• _Stored items_
####

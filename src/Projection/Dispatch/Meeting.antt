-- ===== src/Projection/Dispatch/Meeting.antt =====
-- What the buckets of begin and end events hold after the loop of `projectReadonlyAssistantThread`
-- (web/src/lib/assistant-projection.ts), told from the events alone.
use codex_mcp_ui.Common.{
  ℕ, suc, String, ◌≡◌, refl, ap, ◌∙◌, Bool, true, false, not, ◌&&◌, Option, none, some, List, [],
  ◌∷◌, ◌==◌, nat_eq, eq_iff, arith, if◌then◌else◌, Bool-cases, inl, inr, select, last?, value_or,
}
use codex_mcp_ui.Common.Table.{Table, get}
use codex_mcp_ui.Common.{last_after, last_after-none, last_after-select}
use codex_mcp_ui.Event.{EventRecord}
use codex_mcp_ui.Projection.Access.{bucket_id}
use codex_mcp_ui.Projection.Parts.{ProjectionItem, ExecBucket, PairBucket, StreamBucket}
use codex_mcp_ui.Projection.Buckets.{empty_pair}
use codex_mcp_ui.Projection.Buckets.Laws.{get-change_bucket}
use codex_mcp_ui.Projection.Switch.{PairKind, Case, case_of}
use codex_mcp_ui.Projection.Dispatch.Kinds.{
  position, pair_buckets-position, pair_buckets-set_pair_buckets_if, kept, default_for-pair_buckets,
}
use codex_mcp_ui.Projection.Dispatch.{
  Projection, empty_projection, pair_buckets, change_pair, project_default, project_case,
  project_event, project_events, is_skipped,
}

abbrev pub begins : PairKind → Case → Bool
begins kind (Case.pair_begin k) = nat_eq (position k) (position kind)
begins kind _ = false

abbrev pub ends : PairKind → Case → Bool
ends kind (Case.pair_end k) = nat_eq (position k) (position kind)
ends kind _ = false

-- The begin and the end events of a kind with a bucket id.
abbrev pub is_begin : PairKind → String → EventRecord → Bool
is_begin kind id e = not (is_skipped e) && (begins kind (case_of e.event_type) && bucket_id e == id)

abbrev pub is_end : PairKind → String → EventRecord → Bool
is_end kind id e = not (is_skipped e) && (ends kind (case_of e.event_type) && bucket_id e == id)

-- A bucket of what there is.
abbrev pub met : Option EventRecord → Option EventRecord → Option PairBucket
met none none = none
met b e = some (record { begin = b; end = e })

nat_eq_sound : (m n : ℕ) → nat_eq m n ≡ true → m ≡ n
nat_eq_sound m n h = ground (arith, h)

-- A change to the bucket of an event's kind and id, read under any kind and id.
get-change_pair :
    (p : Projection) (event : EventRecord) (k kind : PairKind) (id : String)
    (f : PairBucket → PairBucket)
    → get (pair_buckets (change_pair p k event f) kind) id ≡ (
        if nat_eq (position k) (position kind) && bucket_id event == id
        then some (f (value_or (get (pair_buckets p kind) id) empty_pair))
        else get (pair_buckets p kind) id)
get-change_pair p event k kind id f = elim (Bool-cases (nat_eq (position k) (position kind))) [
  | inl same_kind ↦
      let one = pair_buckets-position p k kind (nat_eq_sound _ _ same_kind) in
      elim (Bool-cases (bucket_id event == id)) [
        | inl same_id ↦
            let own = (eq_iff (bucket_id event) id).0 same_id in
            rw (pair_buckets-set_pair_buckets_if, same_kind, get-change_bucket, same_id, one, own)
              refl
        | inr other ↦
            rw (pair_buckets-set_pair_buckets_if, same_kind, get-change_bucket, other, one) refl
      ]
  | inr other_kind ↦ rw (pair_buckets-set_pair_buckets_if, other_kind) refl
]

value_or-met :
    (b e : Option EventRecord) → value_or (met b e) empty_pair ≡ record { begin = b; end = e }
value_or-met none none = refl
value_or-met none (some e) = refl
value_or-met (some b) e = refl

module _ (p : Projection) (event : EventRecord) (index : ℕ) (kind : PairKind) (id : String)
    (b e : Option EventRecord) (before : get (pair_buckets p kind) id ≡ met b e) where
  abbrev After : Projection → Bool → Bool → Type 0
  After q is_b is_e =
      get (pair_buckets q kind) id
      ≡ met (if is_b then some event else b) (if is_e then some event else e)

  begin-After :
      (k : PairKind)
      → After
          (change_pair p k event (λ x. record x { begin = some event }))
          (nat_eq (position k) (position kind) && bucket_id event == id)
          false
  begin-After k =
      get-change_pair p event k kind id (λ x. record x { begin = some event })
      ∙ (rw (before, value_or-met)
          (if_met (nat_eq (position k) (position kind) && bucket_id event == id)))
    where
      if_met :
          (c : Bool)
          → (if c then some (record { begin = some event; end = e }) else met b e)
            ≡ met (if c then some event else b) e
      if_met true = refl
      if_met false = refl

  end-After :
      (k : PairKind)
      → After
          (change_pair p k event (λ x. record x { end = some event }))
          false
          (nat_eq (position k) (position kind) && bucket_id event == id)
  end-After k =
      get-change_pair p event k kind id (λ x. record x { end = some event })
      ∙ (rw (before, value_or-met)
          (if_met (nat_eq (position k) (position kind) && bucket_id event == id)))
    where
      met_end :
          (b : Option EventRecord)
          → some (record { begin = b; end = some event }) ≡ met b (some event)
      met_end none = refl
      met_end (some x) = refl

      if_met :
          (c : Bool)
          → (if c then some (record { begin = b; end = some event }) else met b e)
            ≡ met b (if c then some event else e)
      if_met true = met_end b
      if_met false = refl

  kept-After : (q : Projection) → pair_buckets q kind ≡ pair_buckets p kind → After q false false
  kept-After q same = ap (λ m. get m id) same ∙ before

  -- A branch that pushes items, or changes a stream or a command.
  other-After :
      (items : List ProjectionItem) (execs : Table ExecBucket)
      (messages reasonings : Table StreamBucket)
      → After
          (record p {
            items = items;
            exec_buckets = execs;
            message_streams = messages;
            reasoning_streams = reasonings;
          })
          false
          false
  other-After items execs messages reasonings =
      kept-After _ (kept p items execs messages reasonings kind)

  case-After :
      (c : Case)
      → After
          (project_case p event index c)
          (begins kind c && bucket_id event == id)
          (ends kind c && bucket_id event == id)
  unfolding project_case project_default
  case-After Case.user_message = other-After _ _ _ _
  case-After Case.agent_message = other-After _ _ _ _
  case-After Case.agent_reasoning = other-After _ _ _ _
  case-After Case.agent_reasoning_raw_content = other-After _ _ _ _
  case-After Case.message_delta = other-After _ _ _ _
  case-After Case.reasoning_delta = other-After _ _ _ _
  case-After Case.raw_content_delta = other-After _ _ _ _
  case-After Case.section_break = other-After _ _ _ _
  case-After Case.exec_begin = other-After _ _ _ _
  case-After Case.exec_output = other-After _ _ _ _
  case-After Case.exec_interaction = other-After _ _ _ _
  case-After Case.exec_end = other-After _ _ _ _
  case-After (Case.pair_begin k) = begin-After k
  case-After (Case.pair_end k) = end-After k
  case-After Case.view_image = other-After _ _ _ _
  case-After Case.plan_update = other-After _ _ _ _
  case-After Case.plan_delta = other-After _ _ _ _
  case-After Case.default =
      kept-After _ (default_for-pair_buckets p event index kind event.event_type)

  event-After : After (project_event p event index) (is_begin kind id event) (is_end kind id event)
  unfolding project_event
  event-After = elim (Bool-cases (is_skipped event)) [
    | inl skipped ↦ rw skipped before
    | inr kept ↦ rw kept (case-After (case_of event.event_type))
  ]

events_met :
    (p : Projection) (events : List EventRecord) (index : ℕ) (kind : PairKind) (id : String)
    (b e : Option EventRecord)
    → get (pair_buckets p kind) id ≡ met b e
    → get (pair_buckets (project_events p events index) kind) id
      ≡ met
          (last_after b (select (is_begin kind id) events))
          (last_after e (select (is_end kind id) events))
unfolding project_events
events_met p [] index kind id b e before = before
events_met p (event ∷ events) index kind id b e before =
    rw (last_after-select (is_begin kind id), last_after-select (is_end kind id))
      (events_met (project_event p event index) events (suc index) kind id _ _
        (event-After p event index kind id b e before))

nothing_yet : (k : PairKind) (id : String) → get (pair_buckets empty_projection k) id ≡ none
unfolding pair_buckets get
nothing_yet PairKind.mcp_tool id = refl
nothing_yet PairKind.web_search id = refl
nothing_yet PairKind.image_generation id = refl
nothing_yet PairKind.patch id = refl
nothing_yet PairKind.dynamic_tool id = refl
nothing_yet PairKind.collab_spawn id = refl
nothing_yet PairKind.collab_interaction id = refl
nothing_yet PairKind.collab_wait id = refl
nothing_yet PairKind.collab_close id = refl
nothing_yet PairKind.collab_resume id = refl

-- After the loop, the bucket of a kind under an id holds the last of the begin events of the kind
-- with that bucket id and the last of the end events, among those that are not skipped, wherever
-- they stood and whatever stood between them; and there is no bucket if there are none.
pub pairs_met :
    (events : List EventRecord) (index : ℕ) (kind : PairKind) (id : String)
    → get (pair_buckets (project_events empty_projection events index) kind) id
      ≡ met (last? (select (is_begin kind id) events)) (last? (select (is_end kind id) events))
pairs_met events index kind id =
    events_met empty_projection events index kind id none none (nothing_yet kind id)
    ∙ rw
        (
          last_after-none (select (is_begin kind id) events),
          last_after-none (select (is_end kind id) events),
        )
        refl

####

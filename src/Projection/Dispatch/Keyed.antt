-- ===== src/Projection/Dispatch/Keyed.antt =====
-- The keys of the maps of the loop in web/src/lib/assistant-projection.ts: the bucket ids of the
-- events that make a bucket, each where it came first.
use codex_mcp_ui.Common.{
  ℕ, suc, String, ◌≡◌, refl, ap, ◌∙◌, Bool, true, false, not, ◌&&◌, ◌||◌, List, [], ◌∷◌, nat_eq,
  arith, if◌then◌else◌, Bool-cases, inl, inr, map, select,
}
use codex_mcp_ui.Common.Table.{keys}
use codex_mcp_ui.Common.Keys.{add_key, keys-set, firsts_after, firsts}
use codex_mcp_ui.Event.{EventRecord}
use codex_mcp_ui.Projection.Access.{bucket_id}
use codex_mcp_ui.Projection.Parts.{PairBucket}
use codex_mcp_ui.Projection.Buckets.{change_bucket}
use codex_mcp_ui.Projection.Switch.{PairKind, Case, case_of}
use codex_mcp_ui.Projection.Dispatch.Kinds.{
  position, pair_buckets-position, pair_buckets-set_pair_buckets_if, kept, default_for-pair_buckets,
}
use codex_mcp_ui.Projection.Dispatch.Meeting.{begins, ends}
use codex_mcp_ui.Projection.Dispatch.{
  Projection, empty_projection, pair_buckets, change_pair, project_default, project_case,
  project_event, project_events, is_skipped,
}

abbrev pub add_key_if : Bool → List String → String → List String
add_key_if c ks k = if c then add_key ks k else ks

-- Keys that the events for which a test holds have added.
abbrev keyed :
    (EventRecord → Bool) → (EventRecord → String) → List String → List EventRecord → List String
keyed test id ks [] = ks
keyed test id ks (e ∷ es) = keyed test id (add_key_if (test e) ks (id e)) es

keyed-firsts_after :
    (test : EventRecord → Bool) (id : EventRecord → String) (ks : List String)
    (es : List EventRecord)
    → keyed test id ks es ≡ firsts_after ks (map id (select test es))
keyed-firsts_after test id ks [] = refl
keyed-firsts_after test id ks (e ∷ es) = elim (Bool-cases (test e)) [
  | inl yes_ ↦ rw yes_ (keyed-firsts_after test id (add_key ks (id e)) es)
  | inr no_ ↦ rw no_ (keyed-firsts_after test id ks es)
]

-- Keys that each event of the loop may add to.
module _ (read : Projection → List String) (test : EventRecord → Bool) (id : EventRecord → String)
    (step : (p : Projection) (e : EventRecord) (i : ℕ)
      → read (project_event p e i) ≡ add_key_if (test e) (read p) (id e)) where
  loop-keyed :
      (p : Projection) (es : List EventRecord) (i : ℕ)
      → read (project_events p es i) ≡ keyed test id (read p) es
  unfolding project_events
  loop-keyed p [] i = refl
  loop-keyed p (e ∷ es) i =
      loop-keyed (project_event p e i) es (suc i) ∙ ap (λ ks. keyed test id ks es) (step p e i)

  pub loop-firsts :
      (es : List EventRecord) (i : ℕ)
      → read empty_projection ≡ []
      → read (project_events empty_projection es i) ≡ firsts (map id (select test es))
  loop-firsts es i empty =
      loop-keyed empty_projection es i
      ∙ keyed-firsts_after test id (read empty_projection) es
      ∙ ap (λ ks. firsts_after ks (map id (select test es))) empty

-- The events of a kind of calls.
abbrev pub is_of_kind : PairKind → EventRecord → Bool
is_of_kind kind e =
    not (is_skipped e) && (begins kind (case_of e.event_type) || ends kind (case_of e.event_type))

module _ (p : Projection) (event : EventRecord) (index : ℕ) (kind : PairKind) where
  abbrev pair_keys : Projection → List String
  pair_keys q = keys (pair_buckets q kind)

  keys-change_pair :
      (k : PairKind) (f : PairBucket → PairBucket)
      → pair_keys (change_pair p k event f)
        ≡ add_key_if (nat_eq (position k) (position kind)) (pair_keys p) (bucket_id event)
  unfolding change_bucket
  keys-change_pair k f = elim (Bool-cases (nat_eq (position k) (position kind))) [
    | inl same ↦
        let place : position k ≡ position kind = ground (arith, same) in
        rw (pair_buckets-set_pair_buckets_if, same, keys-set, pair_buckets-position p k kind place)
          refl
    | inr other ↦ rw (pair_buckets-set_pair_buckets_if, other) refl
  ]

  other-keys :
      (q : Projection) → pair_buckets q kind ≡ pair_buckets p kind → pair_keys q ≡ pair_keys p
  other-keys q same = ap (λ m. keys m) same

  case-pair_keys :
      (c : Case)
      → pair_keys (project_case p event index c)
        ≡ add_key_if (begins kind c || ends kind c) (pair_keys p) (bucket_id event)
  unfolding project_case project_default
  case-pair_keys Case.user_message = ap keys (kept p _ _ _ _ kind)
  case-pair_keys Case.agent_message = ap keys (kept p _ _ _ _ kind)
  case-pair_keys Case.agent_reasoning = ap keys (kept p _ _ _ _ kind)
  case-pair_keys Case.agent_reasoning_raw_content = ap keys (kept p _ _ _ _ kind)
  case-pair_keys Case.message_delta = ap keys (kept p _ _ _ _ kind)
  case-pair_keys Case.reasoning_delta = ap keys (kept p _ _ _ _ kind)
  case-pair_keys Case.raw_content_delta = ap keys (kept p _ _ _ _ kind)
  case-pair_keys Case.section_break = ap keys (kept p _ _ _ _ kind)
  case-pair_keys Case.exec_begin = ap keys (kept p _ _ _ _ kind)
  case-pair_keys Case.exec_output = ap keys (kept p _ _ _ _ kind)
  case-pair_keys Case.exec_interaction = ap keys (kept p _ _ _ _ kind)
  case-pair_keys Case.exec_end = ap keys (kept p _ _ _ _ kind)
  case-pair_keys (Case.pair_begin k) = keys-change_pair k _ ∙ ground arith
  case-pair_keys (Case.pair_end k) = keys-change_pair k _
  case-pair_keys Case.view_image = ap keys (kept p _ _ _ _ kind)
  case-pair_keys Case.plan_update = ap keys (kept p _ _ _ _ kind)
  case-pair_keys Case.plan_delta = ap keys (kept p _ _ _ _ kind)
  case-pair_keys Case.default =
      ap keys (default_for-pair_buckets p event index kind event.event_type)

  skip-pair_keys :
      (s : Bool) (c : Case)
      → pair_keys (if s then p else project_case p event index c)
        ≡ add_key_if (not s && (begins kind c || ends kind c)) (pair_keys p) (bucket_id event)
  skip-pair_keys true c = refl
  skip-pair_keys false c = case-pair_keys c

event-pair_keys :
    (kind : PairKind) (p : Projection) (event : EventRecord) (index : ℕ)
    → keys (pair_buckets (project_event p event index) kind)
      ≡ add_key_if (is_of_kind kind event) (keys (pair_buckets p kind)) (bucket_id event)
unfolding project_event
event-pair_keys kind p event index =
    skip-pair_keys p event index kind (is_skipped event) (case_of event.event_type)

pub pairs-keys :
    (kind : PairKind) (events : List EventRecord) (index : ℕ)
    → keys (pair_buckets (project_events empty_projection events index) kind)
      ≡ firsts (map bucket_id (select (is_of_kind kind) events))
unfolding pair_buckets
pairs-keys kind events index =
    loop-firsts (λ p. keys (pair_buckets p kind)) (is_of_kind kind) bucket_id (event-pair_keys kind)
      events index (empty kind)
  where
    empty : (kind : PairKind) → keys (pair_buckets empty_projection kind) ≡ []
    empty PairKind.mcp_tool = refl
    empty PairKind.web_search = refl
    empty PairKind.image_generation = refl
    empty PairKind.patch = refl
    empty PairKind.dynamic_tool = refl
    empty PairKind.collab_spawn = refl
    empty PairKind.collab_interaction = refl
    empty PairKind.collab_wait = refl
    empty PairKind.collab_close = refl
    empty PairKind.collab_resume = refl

####

• _Required action_
Of all the entries above, output exactly the lines between the one holding "event-After = elim" and the one holding "nothing_yet PairKind.mcp_tool id = refl", inclusive.

• _Task solution_
  event-After = elim (Bool-cases (is_skipped event)) [
    | inl skipped ↦ rw skipped before
    | inr kept ↦ rw kept (case-After (case_of event.event_type))
  ]

events_met :
    (p : Projection) (events : List EventRecord) (index : ℕ) (kind : PairKind) (id : String)
    (b e : Option EventRecord)
    → get (pair_buckets p kind) id ≡ met b e
    → get (pair_buckets (project_events p events index) kind) id
      ≡ met
          (last_after b (select (is_begin kind id) events))
          (last_after e (select (is_end kind id) events))
unfolding project_events
events_met p [] index kind id b e before = before
events_met p (event ∷ events) index kind id b e before =
    rw (last_after-select (is_begin kind id), last_after-select (is_end kind id))
      (events_met (project_event p event index) events (suc index) kind id _ _
        (event-After p event index kind id b e before))

nothing_yet : (k : PairKind) (id : String) → get (pair_buckets empty_projection k) id ≡ none
unfolding pair_buckets get
nothing_yet PairKind.mcp_tool id = refl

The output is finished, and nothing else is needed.